* [WHAT YOU SHOULD DO]: Instruction for the entries that follow: retype exactly the lines from the line with "b = ground (arith, q) in" to the line with "(ap (read_quoted false)", both included, and omit all others.

----- PROVIDED RECORDS

-- ===== src/Auth/Quoted.antt =====
-- src/auth/resource.rs: what a client reads of a quoted value in a challenge.
use sml_mcps.Prelude.{
  ℕ, ◌≡◌, ◌∙◌, refl, ap, Bool, true, false, Option, none, some, [], ◌∷◌, ◌++◌, arith, ◌==◌, ◌||◌,
  if◌then◌else◌, Bool-cases, inl, inr, append_assoc,
}
use sml_mcps.Prelude.Text.{Text}
use sml_mcps.Auth.Resource.{replace, escape}

-- RFC 9110, `quoted-string`, behind its first quote: the value, and what is behind it. A backslash
-- makes the next byte part of the value.
abbrev pub with_byte : ℕ → Option (Text × Text) → Option (Text × Text)
with_byte b none = none
with_byte b (some (value, rest)) = some (b ∷ value, rest)

unfoldable pub read_quoted : Bool → Text → Option (Text × Text)
read_quoted escaped [] = none
read_quoted true (b ∷ bs) = with_byte b (read_quoted false bs)
read_quoted false (b ∷ bs) =
    let plain = with_byte b (read_quoted false bs) in
    let pair = read_quoted true bs in
    if b == b'"' then some ([], bs) else if b == b'\\' then pair else plain

abbrev escaped_byte : ℕ → Text
escaped_byte b = if b == b'"' || b == b'\\' then b'\\' ∷ b ∷ [] else b ∷ []

escape_step : (b : ℕ) (bs : Text) → escape (b ∷ bs) ≡ escaped_byte b ++ escape bs
unfolding escape replace
escape_step b bs = elim (Bool-cases (b == b'"')) [
  | inl q ↦
      let other : (b == b'\\') ≡ false = ground (arith, q) in
      let same : b'"' ≡ b = ground (arith, q) in
      rw (q, other) (rw (replace, q) (ap (λ (c : ℕ). b'\\' ∷ c ∷ escape bs) same))
  | inr p ↦ elim (Bool-cases (b == b'\\')) [
    | inl s ↦
        let same : b'\\' ≡ b = ground (arith, s) in
        rw (p, s) (ap (λ (c : ℕ). b'\\' ∷ c ∷ escape bs) same)
    | inr o ↦ rw (p, o) (rw (replace, p) refl)
  ]
]

read_step :
    (b : ℕ) (t : Text) → read_quoted false (escaped_byte b ++ t) ≡ with_byte b (read_quoted false t)
unfolding read_quoted
read_step b t = elim (Bool-cases (b == b'"')) [
  | inl q ↦ rw q refl
  | inr p ↦ elim (Bool-cases (b == b'\\')) [
    | inl s ↦ rw (p, s) refl
    | inr o ↦ rw (p, o) (rw (read_quoted, p, o) refl)
  ]
]

-- A client reads the value that a challenge was given, whatever is in it, and what is behind the
-- closing quote is left: no value closes its quotes.
pub read_quoted-escape :
    (value rest : Text) → read_quoted false (escape value ++ b'"' ∷ rest) ≡ some (value, rest)
unfolding escape replace read_quoted
read_quoted-escape [] rest = refl
read_quoted-escape (b ∷ bs) rest =
    ap (λ (t : Text). read_quoted false (t ++ b'"' ∷ rest)) (escape_step b bs)
    ∙ (ap (read_quoted false) (append_assoc (escaped_byte b) (escape bs) (b'"' ∷ rest))
        ∙ (read_step b (escape bs ++ b'"' ∷ rest) ∙ ap (with_byte b) (read_quoted-escape bs rest)))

----------

* [ANSWER SPACE]:
      let same : b'"' ≡ b = ground (arith, q) in
      rw (q, other) (rw (replace, q) (ap (λ (c : ℕ). b'\\' ∷ c ∷ escape bs) same))
  | inr p ↦ elim (Bool-cases (b == b'\\')) [
    | inl s ↦
        let same : b'\\' ≡ b = ground (arith, s) in
        rw (p, s) (ap (λ (c : ℕ). b'\\' ∷ c ∷ escape bs) same)
    | inr o ↦ rw (p, o) (rw (replace, p) refl)
  ]
]

read_step :
    (b : ℕ) (t : Text) → read_quoted false (escaped_byte b ++ t) ≡ with_byte b (read_quoted false t)
unfolding read_quoted
read_step b t = elim (Bool-cases (b == b'"')) [
  | inl q ↦ rw q refl
  | inr p ↦ elim (Bool-cases (b == b'\\')) [
    | inl s ↦ rw (p, s) refl
    | inr o ↦ rw (p, o) (rw (read_quoted, p, o) refl)
  ]
]

-- A client reads the value that a challenge was given, whatever is in it, and what is behind the
-- closing quote is left: no value closes its quotes.
pub read_quoted-escape :
    (value rest : Text) → read_quoted false (escape value ++ b'"' ∷ rest) ≡ some (value, rest)
unfolding escape replace read_quoted
read_quoted-escape [] rest = refl
read_quoted-escape (b ∷ bs) rest =
    ap (λ (t : Text). read_quoted false (t ++ b'"' ∷ rest)) (escape_step b bs)
    ∙ (ap (read_quoted false) (append_assoc (escaped_byte b) (escape bs) (b'"' ∷ rest))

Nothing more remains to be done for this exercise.